A typical connection diagram showing multiple devices in a daisy-chain topology is shown in Figure 87.
The CONVST, CS, and SCLK inputs of all devices are connected together and controlled by a single CONVST, CS, and SCLK pin of the host controller, respectively. The SDI input pin of the first device in the chain (Device 1) is connected to the SDO pin of the host controller, the SDO-0 output pin of Device 1 is connected to the SDI input pin of Device 2, and so on. The SDO-0 output pin of the last device in the chain (Device N) is connected to the SDI pin of the host controller.
To operate multiple devices in a daisy-chain topology, the host controller sets the configuration registers in each device with identical values and operates with any of the legacy, SPI-compatible protocols for data-read and data-write operations (SDO_CNT[7:0] = 00h or 01h). With these configurations settings, the 22-bit ODR and 22-bit IDR registers in each device collapse to form a single, 22-bit unified shift register (USR) per device, as shown in Figure 88.
All devices in the daisy-chain topology sample the respective device analog input signals on the CONVST rising edge. The data transfer frame starts with a CS falling edge. On each SCLK launch edge, every device in the chain shifts out the MSB of the respective USR on to the respective SDO-0 pin. On every SCLK capture edge, each device in the chain shifts in data received on the respective SDI pin as the LSB bit of the respective USR. Therefore, in a daisy-chain configuration, the host controller receives the data of Device N, followed by the data of Device N – 1, and so on (MSB-first). On the CS rising edge, each device decodes the contents in the respective USR, and takes appropriate action.
A typical timing diagram for three devices connected in daisy-chain topology using the SPI-00-S protocol is shown in Figure 89.
In daisy-chain topology, the overall throughput of the system is proportionally reduced as more devices are connected in the daisy-chain.

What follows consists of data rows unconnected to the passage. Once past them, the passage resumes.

-- ===== src/Policy/Rules.antt =====
-- policy/rule-evaluator.ts. A rule's `evaluate` is a function of the context that returns a decision
-- or throws; the messages of the two fail-closed denials are named by their kind.
pub mod FailClosed
pub mod Modify
use runcor.Common.{
  Text, Option, none, some, List, [], ◌∷◌, Bool, true, false, if◌then◌else◌, includes, filter_by,
}
use runcor.Common.Int.{ℤ}
use runcor.Common.Sort.{sort_by}
use runcor.Policy.Context.{OperationType, operation_eq, PolicyContext}

-- `invalid` stands for every other action that a rule may return.
pub data Action : Type 0 where
  allow deny modify invalid : Action

pub record PolicyDecision (V : Type 0) : Type 0 where
  pub action : Action
  pub reason : Option Text
  pub modified_input : Option V

pub data RuleOutcome (V : Type 0) : Type 0 where
  threw : RuleOutcome V
  returned : PolicyDecision V → RuleOutcome V

pub record PolicyRule (V : Type 0) : Type 0 where
  pub name : Text
  pub priority : ℤ
  pub operations : List OperationType
  pub evaluate : PolicyContext V → RuleOutcome V

pub data Reason : Type 0 where
  given : Option Text → Reason
  rule_threw invalid_action : Reason

pub record RuleEvaluationResult (V : Type 0) : Type 0 where
  pub action : Action
  pub reason : Reason
  pub modified_input : Option V
  pub rule_name : Option Text

-- What one rule's outcome does to the loop: end it with a result, or go on with a last modify.
pub data Next (V : Type 0) : Type 0 where
  stop : RuleEvaluationResult V → Next V
  go_on : Option (RuleEvaluationResult V) → Next V

module _ {V : Type 0} where
  abbrev pub allow_all : RuleEvaluationResult V
  allow_all = record {
    action = allow;
    reason = given none;
    modified_input = none;
    rule_name = none;
  }

  abbrev pub fail_closed : Reason → Text → RuleEvaluationResult V
  fail_closed why name = record {
    action = deny;
    reason = why;
    modified_input = none;
    rule_name = some name;
  }

  -- `{ ...decision, ruleName: rule.name }`.
  abbrev pub of_rule : PolicyDecision V → Text → RuleEvaluationResult V
  of_rule d name = record {
    action = d.action;
    reason = given d.reason;
    modified_input = d.modified_input;
    rule_name = some name;
  }

  abbrev pub result_or :
      Option (RuleEvaluationResult V) → RuleEvaluationResult V → RuleEvaluationResult V
  result_or none d = d
  result_or (some r) d = r

  by_action : Action → PolicyDecision V → Text → Option (RuleEvaluationResult V) → Next V
  by_action invalid d name last = stop (fail_closed invalid_action name)
  by_action deny d name last = stop (of_rule d name)
  by_action modify d name last = go_on (some (of_rule d name))
  by_action allow d name last = go_on last

  unfoldable pub after_rule : RuleOutcome V → Text → Option (RuleEvaluationResult V) → Next V
  unfolding by_action
  after_rule threw name last = stop (fail_closed rule_threw name)
  after_rule (returned d) name last = by_action d.action d name last

  -- The loop over the sorted rules.
  unfoldable pub evaluate_sorted :
      PolicyContext V
      → List (PolicyRule V)
      → Option (RuleEvaluationResult V)
      → RuleEvaluationResult V
  evaluate_sorted context [] last = result_or last allow_all
  evaluate_sorted context (r ∷ rs) last = elim (after_rule (r.evaluate context) r.name last) [
    | stop result ↦ result
    | go_on last' ↦ evaluate_sorted context rs last'
  ]

  abbrev pub applies : PolicyContext V → PolicyRule V → Bool
  applies context r = includes r.operations context.operation

  -- The two early returns for an empty list give what the loop gives on it.
  unfoldable pub evaluate_rules : List (PolicyRule V) → PolicyContext V → RuleEvaluationResult V
  evaluate_rules rules context =
      evaluate_sorted context (sort_by (λ r. r.priority) (filter_by (applies context) rules)) none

For N devices connected in daisy-chain topology, an optimal data transfer frame must contain 22 × N SCLK capture edges. For a longer data transfer frame (number of SCLK in the frame > 22 × N), the host controller must appropriately align the configuration data for each device before bringing CS high. A shorter data transfer frame (number of SCLK in the frame < 22 × N) might result in an erroneous device configuration, and must be avoided.